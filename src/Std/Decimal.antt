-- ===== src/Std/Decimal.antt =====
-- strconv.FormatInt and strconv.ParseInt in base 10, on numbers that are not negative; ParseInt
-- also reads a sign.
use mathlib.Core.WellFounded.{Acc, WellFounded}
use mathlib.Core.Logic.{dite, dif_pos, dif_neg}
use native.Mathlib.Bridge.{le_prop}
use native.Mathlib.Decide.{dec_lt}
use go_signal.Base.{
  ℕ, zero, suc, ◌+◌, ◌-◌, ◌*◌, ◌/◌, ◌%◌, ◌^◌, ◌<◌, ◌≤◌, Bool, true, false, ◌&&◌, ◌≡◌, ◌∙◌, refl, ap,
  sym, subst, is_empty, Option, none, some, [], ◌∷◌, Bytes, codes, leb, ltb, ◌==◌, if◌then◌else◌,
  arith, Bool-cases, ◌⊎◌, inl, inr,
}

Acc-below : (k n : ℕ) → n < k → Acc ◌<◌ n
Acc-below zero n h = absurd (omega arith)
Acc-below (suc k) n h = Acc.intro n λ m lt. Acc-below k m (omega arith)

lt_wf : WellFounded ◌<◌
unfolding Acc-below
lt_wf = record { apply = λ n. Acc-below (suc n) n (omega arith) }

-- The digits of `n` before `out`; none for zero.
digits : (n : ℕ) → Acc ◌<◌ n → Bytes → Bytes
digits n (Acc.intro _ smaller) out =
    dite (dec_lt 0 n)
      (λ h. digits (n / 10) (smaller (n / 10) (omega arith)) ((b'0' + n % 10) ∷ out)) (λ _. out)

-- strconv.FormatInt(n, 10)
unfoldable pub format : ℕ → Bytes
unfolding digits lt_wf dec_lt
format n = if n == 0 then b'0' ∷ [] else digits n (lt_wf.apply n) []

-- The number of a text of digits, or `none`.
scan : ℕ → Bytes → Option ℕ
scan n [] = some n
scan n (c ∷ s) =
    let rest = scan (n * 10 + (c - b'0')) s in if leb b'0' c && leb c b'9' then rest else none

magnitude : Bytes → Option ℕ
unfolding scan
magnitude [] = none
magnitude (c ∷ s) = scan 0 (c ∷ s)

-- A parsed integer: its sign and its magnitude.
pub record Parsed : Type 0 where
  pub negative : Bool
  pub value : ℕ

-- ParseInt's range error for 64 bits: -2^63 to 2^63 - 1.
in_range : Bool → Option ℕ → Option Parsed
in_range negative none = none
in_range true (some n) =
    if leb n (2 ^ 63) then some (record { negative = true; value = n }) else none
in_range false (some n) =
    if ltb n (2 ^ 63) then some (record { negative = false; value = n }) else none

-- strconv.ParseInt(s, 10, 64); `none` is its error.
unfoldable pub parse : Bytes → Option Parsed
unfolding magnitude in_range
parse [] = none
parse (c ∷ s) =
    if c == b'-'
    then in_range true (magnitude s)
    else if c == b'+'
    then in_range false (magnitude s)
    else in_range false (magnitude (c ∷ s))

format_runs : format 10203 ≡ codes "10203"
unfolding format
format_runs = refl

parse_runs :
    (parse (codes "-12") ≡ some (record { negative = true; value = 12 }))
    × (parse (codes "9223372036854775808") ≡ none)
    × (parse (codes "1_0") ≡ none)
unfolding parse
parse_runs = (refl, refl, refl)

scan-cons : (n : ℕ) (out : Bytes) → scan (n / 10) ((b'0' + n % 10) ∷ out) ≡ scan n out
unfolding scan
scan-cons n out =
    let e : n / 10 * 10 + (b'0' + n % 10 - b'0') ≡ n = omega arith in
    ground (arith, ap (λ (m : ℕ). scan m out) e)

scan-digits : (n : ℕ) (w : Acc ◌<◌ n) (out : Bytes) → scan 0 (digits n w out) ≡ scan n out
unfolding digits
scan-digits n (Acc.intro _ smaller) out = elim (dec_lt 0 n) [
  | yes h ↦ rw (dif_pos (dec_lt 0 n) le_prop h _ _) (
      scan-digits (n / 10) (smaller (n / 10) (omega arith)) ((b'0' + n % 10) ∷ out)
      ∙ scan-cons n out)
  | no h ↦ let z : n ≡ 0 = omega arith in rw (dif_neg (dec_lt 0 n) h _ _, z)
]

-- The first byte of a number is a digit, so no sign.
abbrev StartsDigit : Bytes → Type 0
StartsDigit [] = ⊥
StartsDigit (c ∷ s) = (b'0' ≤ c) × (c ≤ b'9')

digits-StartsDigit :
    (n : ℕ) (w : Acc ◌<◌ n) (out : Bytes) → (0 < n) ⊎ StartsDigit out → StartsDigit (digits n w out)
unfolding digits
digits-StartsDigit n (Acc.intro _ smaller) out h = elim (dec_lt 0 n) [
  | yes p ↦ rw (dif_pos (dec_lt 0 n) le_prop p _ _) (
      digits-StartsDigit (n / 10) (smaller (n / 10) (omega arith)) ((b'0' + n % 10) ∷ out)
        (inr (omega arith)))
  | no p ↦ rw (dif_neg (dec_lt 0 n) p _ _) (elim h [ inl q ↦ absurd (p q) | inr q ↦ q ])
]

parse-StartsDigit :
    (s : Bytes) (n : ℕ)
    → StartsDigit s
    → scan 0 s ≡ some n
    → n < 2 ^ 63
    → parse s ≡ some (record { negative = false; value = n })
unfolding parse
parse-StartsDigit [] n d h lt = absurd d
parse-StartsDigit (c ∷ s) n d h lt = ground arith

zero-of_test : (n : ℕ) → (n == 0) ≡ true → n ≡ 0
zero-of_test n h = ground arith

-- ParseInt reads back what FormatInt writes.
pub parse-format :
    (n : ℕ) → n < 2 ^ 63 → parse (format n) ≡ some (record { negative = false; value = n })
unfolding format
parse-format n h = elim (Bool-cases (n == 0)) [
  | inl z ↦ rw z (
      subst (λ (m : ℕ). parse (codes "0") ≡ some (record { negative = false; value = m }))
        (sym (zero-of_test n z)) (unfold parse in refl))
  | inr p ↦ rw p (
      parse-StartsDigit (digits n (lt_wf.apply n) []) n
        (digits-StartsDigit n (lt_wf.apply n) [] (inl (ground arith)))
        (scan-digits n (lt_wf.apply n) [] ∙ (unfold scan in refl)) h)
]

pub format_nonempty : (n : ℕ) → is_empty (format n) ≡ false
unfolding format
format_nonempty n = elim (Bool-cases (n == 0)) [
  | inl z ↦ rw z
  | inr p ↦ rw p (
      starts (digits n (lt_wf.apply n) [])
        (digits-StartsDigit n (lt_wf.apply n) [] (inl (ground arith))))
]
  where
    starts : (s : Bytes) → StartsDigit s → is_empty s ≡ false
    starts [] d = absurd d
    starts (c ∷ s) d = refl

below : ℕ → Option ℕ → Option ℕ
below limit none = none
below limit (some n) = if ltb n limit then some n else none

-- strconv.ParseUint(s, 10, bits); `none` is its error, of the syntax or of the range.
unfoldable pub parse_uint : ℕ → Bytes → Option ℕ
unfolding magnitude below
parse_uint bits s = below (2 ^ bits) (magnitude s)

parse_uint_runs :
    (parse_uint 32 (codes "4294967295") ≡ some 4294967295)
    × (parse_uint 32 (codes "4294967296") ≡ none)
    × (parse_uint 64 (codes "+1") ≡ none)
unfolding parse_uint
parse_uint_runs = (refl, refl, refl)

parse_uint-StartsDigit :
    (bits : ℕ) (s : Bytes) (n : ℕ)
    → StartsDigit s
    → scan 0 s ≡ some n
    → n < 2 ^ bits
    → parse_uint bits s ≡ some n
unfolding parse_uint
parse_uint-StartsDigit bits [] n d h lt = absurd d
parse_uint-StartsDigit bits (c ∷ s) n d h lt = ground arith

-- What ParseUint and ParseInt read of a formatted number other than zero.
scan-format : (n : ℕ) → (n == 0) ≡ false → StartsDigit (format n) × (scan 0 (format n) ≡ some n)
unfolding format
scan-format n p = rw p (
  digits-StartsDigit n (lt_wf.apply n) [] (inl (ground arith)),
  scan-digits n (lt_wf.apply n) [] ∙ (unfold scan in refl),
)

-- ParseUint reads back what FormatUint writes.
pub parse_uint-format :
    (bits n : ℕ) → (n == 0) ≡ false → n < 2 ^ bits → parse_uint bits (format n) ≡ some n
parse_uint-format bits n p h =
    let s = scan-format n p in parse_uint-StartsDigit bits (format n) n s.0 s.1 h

## DIRECTIONS
From the listing above, return the lines starting at the one with "(scan-digits n (lt_wf.apply" and ending at the one with "starts (digits n (lt_wf.apply n) [])", both kept, exactly as they appear and nothing more.

## ANSWER BOX
        (scan-digits n (lt_wf.apply n) [] ∙ (unfold scan in refl)) h)
]

pub format_nonempty : (n : ℕ) → is_empty (format n) ≡ false
unfolding format
format_nonempty n = elim (Bool-cases (n == 0)) [
  | inl z ↦ rw z
  | inr p ↦ rw p (
      starts (digits n (lt_wf.apply n) [])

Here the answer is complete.